Task:
In the records below, begin at the line that has "(λ _. serve_task-Served" and stop after the line that has "AllFollow tick [] [] = Unit"; quote those lines verbatim and nothing more.
(Task inputs Opens)
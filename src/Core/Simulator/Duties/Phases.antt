-- ===== src/Core/Simulator/Duties/Phases.antt =====
-- The life of a task as a machine of phases, and `update_tasks` of core/src/simulator.cpp as its steps.
use sentinel_public.Prelude.{
  ℕ, ◌==◌, ◌≤◌, ◌<◌, ◌≡◌, refl, sym, ◌∙◌, subst, Bool, true, false, not, ◌&&◌, List, [], ◌∷◌, ltb,
  leb, ltb→lt, ==_iff, either_branch, if◌then◌else◌, Ensures, Ensures-bind, Ensures-if,
  Ensures-elim, Bool-cases, inl, inr, arith,
}
use sentinel_public.Prelude.Int.{leb_ℤ}
use sentinel_public.Prelude.Text.{is_empty}
use sentinel_public.Prelude.Word.{add64}
use sentinel_public.Protocol.Messages.{TaskStatus, pending, completed, missed}
use sentinel_public.Protocol.Actions.{ActionBatch}
use sentinel_public.Core.Simulator.State.{
  Vehicle, Task, Simulator, vehicle, is_pending, is_open_task, begin_convergence, is_scripted,
}
use sentinel_public.Core.Simulator.Duties.{
  Service, is_capable, distance_to, arrive_at, can_serve, serve_task, update_task, update_each,
  update_tasks,
}

-- Not released; released with so many ticks of service in a row; completed at a tick; missed.
pub data Phase : Type 0 where
  held expired : Phase
  underway : ℕ → Phase
  finished_at : ℕ → Phase

unfoldable pub phase_of : TaskStatus → Bool → ℕ → ℕ → Phase
phase_of pending released progress completion = if released then underway progress else held
phase_of completed released progress completion = finished_at completion
phase_of missed released progress completion = expired
phase_of TaskStatus.unspecified released progress completion = held

unfoldable pub phase : Task → Phase
unfolding phase_of
phase t = phase_of t.status t.released t.progress_ticks t.completion_tick

-- What may become of a task with this deadline and this service in the tick.
pub data Advances (tick deadline service : ℕ) : Phase → Phase → Type 0 where
  remains : (p : Phase) → Advances tick deadline service p p
  expires : (k : ℕ) → deadline < tick → Advances tick deadline service (underway k) expired
  restarts : (k : ℕ) → tick ≤ deadline → Advances tick deadline service (underway k) (underway 0)
  serves :
      (k : ℕ)
      → tick ≤ deadline
      → add64 k 1 < service
      → Advances tick deadline service (underway k) (underway (add64 k 1))
  completes :
      (k : ℕ)
      → tick ≤ deadline
      → service ≤ add64 k 1
      → Advances tick deadline service (underway k) (finished_at tick)

-- The task keeps its specification and moves on in its life.
pub record Follows (tick : ℕ) (t u : Task) : Type 0 where
  pub same_spec : u.spec ≡ t.spec
  pub advances : Advances tick t.spec.deadline_tick t.spec.service_ticks (phase t) (phase u)

pending_eq : (st : TaskStatus) → is_pending st ≡ true → st ≡ pending
unfolding is_pending
pending_eq TaskStatus.pending h = refl
pending_eq TaskStatus.unspecified h = cc
pending_eq TaskStatus.completed h = cc
pending_eq TaskStatus.missed h = cc

both : (a b : Bool) → not (a && b) ≡ false → (a ≡ true) × (b ≡ true)
both a b h = ground arith

open_phase : (t : Task) → not (is_open_task t) ≡ false → phase t ≡ underway t.progress_ticks
unfolding phase
open_phase t h =
    let (released, status) = both t.released (is_pending t.status) h in
    rw (pending_eq t.status status, released) refl

stays : (tick : ℕ) (t : Task) → Follows tick t t
stays tick t = record { same_spec = refl; advances = remains (phase t) }

module _ (tick : ℕ) (t : Task) (o : not (is_open_task t) ≡ false) where
  Next : Phase → Type 0
  Next = Advances tick t.spec.deadline_tick t.spec.service_ticks (underway t.progress_ticks)

  follows : (u : Task) → u.spec ≡ t.spec → Next (phase u) → Follows tick t u
  unfolding Next
  follows u s n = record {
    same_spec = s;
    advances =
        subst (λ p. Advances tick t.spec.deadline_tick t.spec.service_ticks p (phase u))
          (sym (open_phase t o)) n;
  }

  with_progress : (k : ℕ) → Next (underway k) → Follows tick t (record t { progress_ticks = k })
  with_progress k n =
      follows (record t { progress_ticks = k }) refl
        (subst Next (sym (open_phase (record t { progress_ticks = k }) o)) n)

abbrev Served : Service → Task → Service × Task → Type 0
Served r t a = (a.0.simulator.tick ≡ r.simulator.tick) × Follows r.simulator.tick t a.1

arrive_at-Served :
    (r : Service) (v : Vehicle) (t : Task)
    → not (is_open_task t) ≡ false
    → r.simulator.tick ≤ t.spec.deadline_tick
    → t.spec.service_ticks ≡ 0
    → Served r t (arrive_at r v t)
unfolding arrive_at phase Next
arrive_at-Served r v t o d z =
    elim (Bool-cases (is_capable v t && leb_ℤ (distance_to v t) t.spec.completion_radius_mm)) [
      | inr away ↦ rw away (refl, stays r.simulator.tick t)
      | inl there ↦
          rw there
            (refl, follows r.simulator.tick t o _ refl (completes t.progress_ticks d (omega arith)))
    ]

serve_task-Served :
    (actions : ActionBatch) (r : Service) (v : Vehicle) (t : Task)
    → not (is_open_task t) ≡ false
    → r.simulator.tick ≤ t.spec.deadline_tick
    → Served r t (serve_task actions r v t)
unfolding serve_task phase Next
serve_task-Served actions r v t o d = elim (Bool-cases (can_serve actions v t)) [
  | inr unable ↦
      rw unable (refl, with_progress r.simulator.tick t o 0 (restarts t.progress_ticks d))
  | inl able ↦ elim (Bool-cases (leb t.spec.service_ticks (add64 t.progress_ticks 1))) [
    | inl done ↦
        rw (able, done)
          (refl, follows r.simulator.tick t o _ refl (completes t.progress_ticks d (ground arith)))
    | inr goes_on ↦
        rw (able, goes_on)
          (
            refl,
            with_progress r.simulator.tick t o (add64 t.progress_ticks 1)
                (serves t.progress_ticks d (ground arith)),
          )
  ]
]

missed-Served :
    (r : Service) (t : Task)
    → not (is_open_task t) ≡ false
    → t.spec.deadline_tick < r.simulator.tick
    → Follows r.simulator.tick t (record t { status = missed; progress_ticks = 0 })
unfolding phase Next
missed-Served r t o d = follows r.simulator.tick t o _ refl (expires t.progress_ticks d)

update_task-Served :
    (actions : ActionBatch) (r : Service) (t : Task)
    → Ensures (Served r t) (update_task actions r t)
unfolding update_task
update_task-Served actions r t =
    Ensures-if (Served r t) (not (is_open_task t)) _ _ (λ _. (refl, stays r.simulator.tick t))
      (λ o.
        Ensures-if (Served r t) (ltb t.spec.deadline_tick r.simulator.tick) _ _
          (λ late. (refl, missed-Served r t o (ltb→lt _ _ late)))
          (λ timely.
            let d = not_late t.spec.deadline_tick r.simulator.tick timely in
            Ensures-if (Served r t) (is_empty t.assigned_agent_id) _ _
              (λ _. (refl, stays r.simulator.tick t))
              (λ _. Ensures-bind (Served r t) (vehicle r.simulator t.assigned_agent_id) _ (λ v _.
                Ensures-if (Served r t) (t.spec.service_ticks == 0) _ _
                  (λ z. arrive_at-Served r v t o d ((==_iff _ _).0 z))
                  (λ _. serve_task-Served actions r v t o d)))))
  where
    not_late : (deadline tick : ℕ) → ltb deadline tick ≡ false → tick ≤ deadline
    not_late deadline tick h = ground arith

-- Each task of the one list follows the task in its place in the other.
abbrev pub AllFollow : ℕ → List Task → List Task → Type 0
AllFollow tick [] [] = Unit
AllFollow tick (t ∷ ts) (u ∷ us) = Follows tick t u × AllFollow tick ts us
AllFollow tick [] (u ∷ us) = ⊥
AllFollow tick (t ∷ ts) [] = ⊥

update_each-AllFollow :
    (actions : ActionBatch) (tick : ℕ) (r : Service) (ts : List Task)
    → r.simulator.tick ≡ tick
    → Ensures (λ a. AllFollow tick ts a.1) (update_each actions r ts)
unfolding update_each
update_each-AllFollow actions tick r [] e = tt
update_each-AllFollow actions tick r (t ∷ ts) e =
    Ensures-bind goal (update_task actions r t) _ (λ a k.
      let p =
        Ensures-elim (Served r t) (update_task actions r t) (update_task-Served actions r t) k in
      Ensures-bind goal (update_each actions a.0 ts) _ (λ rest m. (
        subst (λ n. Follows n t a.1) e p.1,
        Ensures-elim (λ b. AllFollow tick ts b.1) (update_each actions a.0 ts)
            (update_each-AllFollow actions tick a.0 ts (p.0 ∙ e)) m,
      )))
  where
    goal : Service × List Task → Type 0
    goal a = AllFollow tick (t ∷ ts) a.1

begin_convergence-tasks : (s : Simulator) → (begin_convergence s).tasks ≡ s.tasks
unfolding begin_convergence
begin_convergence-tasks s =
    either_branch (λ (x : Simulator). x.tasks ≡ s.tasks) (is_scripted s.scenario.allocation_policy)
      _ _ refl refl

-- The update of the tasks in a tick refines the machine of phases: every task keeps its specification,
-- and one that is not released, missed or completed stays so; a released one may count a tick of
-- service, start over, be completed not after its deadline and with its service done, or be missed
-- after its deadline.
pub update_tasks-AllFollow :
    (s : Simulator) (actions : ActionBatch)
    → Ensures (λ s'. AllFollow s.tick s.tasks s'.tasks) (update_tasks s actions)
unfolding update_tasks
update_tasks-AllFollow s actions =
    Ensures-bind (λ s'. AllFollow s.tick s.tasks s'.tasks)
      (update_each actions (record { simulator = s; eligible_changed = false }) s.tasks) _
      (λ r e.
        let s' : Simulator = record r.0.simulator { tasks = r.1 } in
        let h =
          Ensures-elim (λ b. AllFollow s.tick s.tasks b.1)
            (update_each actions (record { simulator = s; eligible_changed = false }) s.tasks)
            (update_each-AllFollow actions s.tick
              (record { simulator = s; eligible_changed = false }) s.tasks refl)
            e in
        either_branch (λ (x : Simulator). AllFollow s.tick s.tasks x.tasks) r.0.eligible_changed
          (begin_convergence s') s'
          (subst (AllFollow s.tick s.tasks) (sym (begin_convergence-tasks s')) h) h)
(Task inputs Closes)
Response area:
                  (λ _. serve_task-Served actions r v t o d)))))
  where
    not_late : (deadline tick : ℕ) → ltb deadline tick ≡ false → tick ≤ deadline
    not_late deadline tick h = ground arith

-- Each task of the one list follows the task in its place in the other.
abbrev pub AllFollow : ℕ → List Task → List Task → Type 0
AllFollow tick [] [] = Unit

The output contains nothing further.